容枝拔腿走进门内,将男人们打量了一番。
男人们除了看上去头发凌乱了一点, 身上再带了点儿土以外,倒是没有别的伤痕。
容枝的目光往旁边一挪,突地顿住了。
几个毫无伤痕的男人中间。
越铮顶着青一块紫一块的脸,出现在了容枝的视线之中。
容枝:???
他突然有了个猜测。
……难道说,他们揍的人并不是秦面,而是……越铮?
容枝快步走到了越铮的面前:“你脸怎么了?”
男人们注视着越铮。
越铮轻笑了一声:“没事。”
容枝塞了一盒酸奶给他。
越铮握住那盒酸奶却没有动:“嗞,手伤了。”
“脱臼?骨折?”容枝想也不想就去扒他身上的衬衣。
严世翰眼珠子都快红了。
他赶紧从后头捞住了容枝:“吱吱别乱碰,万一越总胳膊折了,你再碰,那不是折得更厉害吗?”最后几个字,严世翰都几乎是咬着牙说的。
怎么听都怎么透着一股不和善的味道。
容枝早习惯了他们对喷,这会儿也没说什么。
他缩回了手,没有再碰越铮的胳膊。
但他的手却拐了个弯儿,转而将那盒酸奶抓回来。想了想,剥开吸管,插好,再送到越铮的嘴边。
容枝冲着越铮眨了眨眼,颇有点邀功的意思。
他照顾人也不差的!
越铮几乎被容枝的样子晃花了眼,他忙低下头去咬住吸管。
然后一边吭哧吭哧地笑,一边用力地吮吸里头的酸奶。
连带的胸膛都微微震动起来。
笑声里挟裹着的气音,带着说不出的磁性魅力。
周经突然觉得有些手痒。
他认为可以再来一局。
简峻一也是这样想的。
只是当他们的目光集中在容枝身上时,他们又齐齐地放弃了脑子里的念头。
再打一顿越铮,能解决问题吗?
不能。
只能让越铮抓住机会,在吱吱面前扮起可怜博得同情。
男人们齐齐冷哼了一声。
焦飞这时候已经快疯了,他转来转去,问:“记者已经闻风而动了,想好说辞了吗我的严影帝!”

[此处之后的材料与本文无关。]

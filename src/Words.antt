-- ===== src/Words.antt =====
-- The words of an options file: `getword` of pppd/options.c.
pub mod Defs
pub mod Ends
pub mod RoundTrip
pub mod File
mod Tests
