-- ===== src/Words/Defs.antt =====
-- pppd/options.c: `getword`, on the bytes of the file that are still to be read.
use ppp.Prelude.{
  ℕ, zero, suc, ◌+◌, ◌-◌, ◌*◌, ◌%◌, Bool, true, false, not, ◌&&◌, ◌||◌, Option, none, some, List,
  [], ◌∷◌, ◌++◌, length, take, ltb, leb, ◌==◌, if◌then◌else◌, bit_and,
}

-- `MAXWORDLEN`.
abbrev pub maxwordlen : ℕ
maxwordlen = 1024

abbrev pub newline : ℕ
newline = 10

abbrev pub backslash : ℕ
backslash = 92

abbrev pub double_quote : ℕ
double_quote = 34

abbrev pub single_quote : ℕ
single_quote = 39

abbrev pub hash : ℕ
hash = 35

-- `isspace`, in the C locale.
unfoldable pub is_space : ℕ → Bool
is_space c = (leb 9 c && leb c 13) || (c == 32)

unfoldable pub is_octal : ℕ → Bool
is_octal c = leb 48 c && ltb c 56

-- `isxdigit` and `toupper`.
unfoldable pub is_xdigit : ℕ → Bool
is_xdigit c = (leb 48 c && leb c 57) || (leb 65 c && leb c 70) || (leb 97 c && leb c 102)

unfoldable pub to_upper : ℕ → ℕ
to_upper c = if leb 97 c && leb c 122 then c - 32 else c

-- The value of a digit as the code computes it; the `+ '0' + 10 - 'A'` is a `- 7`.
unfoldable pub xdigit_value : ℕ → ℕ
unfolding to_upper
xdigit_value c = let digit = to_upper c - 48 in if ltb 10 digit then digit - 7 else digit

-- What skipping leaves: whether the first character is escaped, the flag for a new line, and the
-- file from that character on.
pub record Skipped : Type 0 where
  pub escape : Bool
  pub newlinep : Bool
  pub rest : List ℕ

-- The first loop: white space and comments.
unfoldable pub skip : Bool → Bool → Bool → List ℕ → Skipped
skip escape comment newlinep [] = record { escape = escape; newlinep = newlinep; rest = [] }
skip escape comment newlinep (c ∷ cs) =
    let stop : Skipped = record { escape = escape; newlinep = newlinep; rest = c ∷ cs } in
    let after_newline = skip false (comment && escape) (newlinep || not escape) cs in
    let commented = skip escape true newlinep cs in
    let escaping = skip true comment newlinep cs in
    let spaced = skip escape comment newlinep cs in
    if c == newline
    then after_newline
    else if comment
    then commented
    else if escape
    then stop
    else if c == backslash
    then escaping
    else if c == hash
    then commented
    else if is_space c
    then spaced
    else stop

-- `\ddd`: up to `n` more octal digits.
unfoldable pub octal : ℕ → ℕ → List ℕ → ℕ × List ℕ
octal zero value cs = (value, cs)
octal (suc n) value [] = (value, [])
octal (suc n) value (c ∷ cs) =
    let more = octal n (value * 8 + bit_and c 7) cs in if is_octal c then more else (value, c ∷ cs)

-- `\x`: up to `n` more hexadecimal digits.
unfoldable pub hex : ℕ → ℕ → List ℕ → ℕ × List ℕ
hex zero value cs = (value, cs)
hex (suc n) value [] = (value, [])
hex (suc n) value (c ∷ cs) =
    let more = hex n (value * 16 + xdigit_value c) cs in
    if is_xdigit c then more else (value, c ∷ cs)

-- The value of an escaped character, and the file behind it.
unfoldable pub escaped_value : ℕ → List ℕ → ℕ × List ℕ
escaped_value c cs =
    if c == 97
    then (7, cs)
    else if c == 98
    then (8, cs)
    else if c == 102
    then (12, cs)
    else if c == 110
    then (10, cs)
    else if c == 114
    then (13, cs)
    else if c == 115
    then (32, cs)
    else if c == 116
    then (9, cs)
    else if is_octal c
    then octal 3 0 (c ∷ cs)
    else if c == 120
    then hex 2 0 cs
    else (c, cs)

-- The variables of the second loop; `quoted` is 0 outside quotes, and `word` holds `len` bytes.
pub record Scan : Type 0 where
  pub escape : Bool
  pub quoted : ℕ
  pub word : List ℕ

-- The byte joins the word, if that has room.
unfoldable pub store : ℕ → Scan → Scan
store value s =
    if ltb (length s.word) maxwordlen then record s { word = s.word ++ ((value % 256) ∷ []) } else s

-- What one round of the second loop does: it ends the word, or goes on with a state and the file.
pub data Round : Type 0 where
  stop : Round
  next : Scan → List ℕ → Round

unfoldable pub escaped_round : Scan → ℕ → List ℕ → Round
escaped_round s c cs =
    let (value, rest) = escaped_value c cs in
    let s' = record s { escape = false } in
    if c == newline then next s' cs else next (store value s') rest

unfoldable pub plain_round : Scan → ℕ → List ℕ → Round
plain_round s c cs =
    if c == backslash
    then next (record s { escape = true }) cs
    else if not (s.quoted == 0)
    then if c == s.quoted then next (record s { quoted = 0 }) cs else next (store c s) cs
    else if c == double_quote || (c == single_quote)
    then next (record s { quoted = c }) cs
    else if is_space c || (c == hash)
    then stop
    else next (store c s) cs

unfoldable pub round : Scan → ℕ → List ℕ → Round
round s c cs = if s.escape then escaped_round s c cs else plain_round s c cs

-- The second loop, from its current character on, with fuel; `none` means that the fuel ran out.
unfoldable pub scan : ℕ → Scan → List ℕ → Option (Scan × List ℕ)
scan fuel s [] = some (s, [])
scan zero s (c ∷ cs) = none
scan (suc fuel) s (c ∷ cs) = elim (round s c cs) [
  | stop ↦ some (s, c ∷ cs)
  | next s' rest ↦ scan fuel s' rest
]

-- What `getword` gives: no word before the end of the file, or a word, the flag and the rest.
pub data Got : Type 0 where
  at_end : Bool → Got
  got : List ℕ → Bool → List ℕ → Got

-- The end of `getword`: a word that is too long loses its tail.
unfoldable pub finish : Bool → Scan × List ℕ → Got
finish newlinep (s, []) =
    if length s.word == 0 then at_end newlinep else got (take (maxwordlen - 1) s.word) newlinep []
finish newlinep (s, c ∷ cs) = got (take (maxwordlen - 1) s.word) newlinep (c ∷ cs)

abbrev pub finished : Bool → Option (Scan × List ℕ) → Option Got
finished newlinep none = none
finished newlinep (some r) = some (finish newlinep r)

-- `getword`, with as much fuel as the file has bytes.
unfoldable pub getword : List ℕ → Option Got
unfolding skip scan
getword f =
    let k = skip false false false f in
    finished k.newlinep
      (scan (length f) (record { escape = k.escape; quoted = 0; word = [] }) k.rest)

严世翰的目光扫过越铮,又扫过容枝,最后定格在了容枝怀中的酸奶上。
“……你就对外说,抢酸奶,打起来了。”严世翰说。
焦飞一脸仿佛被雷劈的表情:“您是在玩弄我的感情吗?”
周经也出声:“就这么说吧。”
简峻一:“嗯。”
焦飞:……
虽然想来想去觉得不靠谱,但也不能说是为了容枝的事儿打起来的。
那传出去就更乱了。
焦飞咬着牙,转身往外走,一边脑子疯狂地转动着,想着要怎么样将抢酸奶这个事儿,说得合情又合理。
这头越铮终于直起了身子:“喝完了。”
容枝将酸奶盒丢进垃圾箱,然后才转头问负责的警员:“请问我能带他们回去了吗?”
“……能、能。”
严世翰正准备掏钱,周经却一手按住了他:“等等。”
严世翰一头雾水。
就见这边容枝从兜里掏了一把钱出来,全部摊开在桌面上,然后一边把钱褶皱的边角整平,一边问:“要交多少保释金呀?”
小警员也没想到容枝这么接地气。
更没想到后头站着的严影帝、简歌神等人……竟是如此的抠门?!
连个保释金都舍不得掏我的天哪!
“多少呀?”没有得到回应的容枝,不由得又问了一遍。
“不用。”小警员憋了半天才憋出来这么两个字。
都是互相认识的人,又个个都地位非凡,口头警告一下就差不多了。
又没有折腾出大问题,不算违法犯罪,当然谈不上保释金。
但后头周经却眯起眼,冷声问:“怎么会不需要保释金呢?”
严世翰指着越铮的胳膊说:“都打折了嘛。”
越铮:“……”
小警员有点懵,于是结结巴巴地开口:“那,那交一千保释金?”
一千是保释金的起步点。
“就不能再贵一点儿吗?”严世翰生气地问。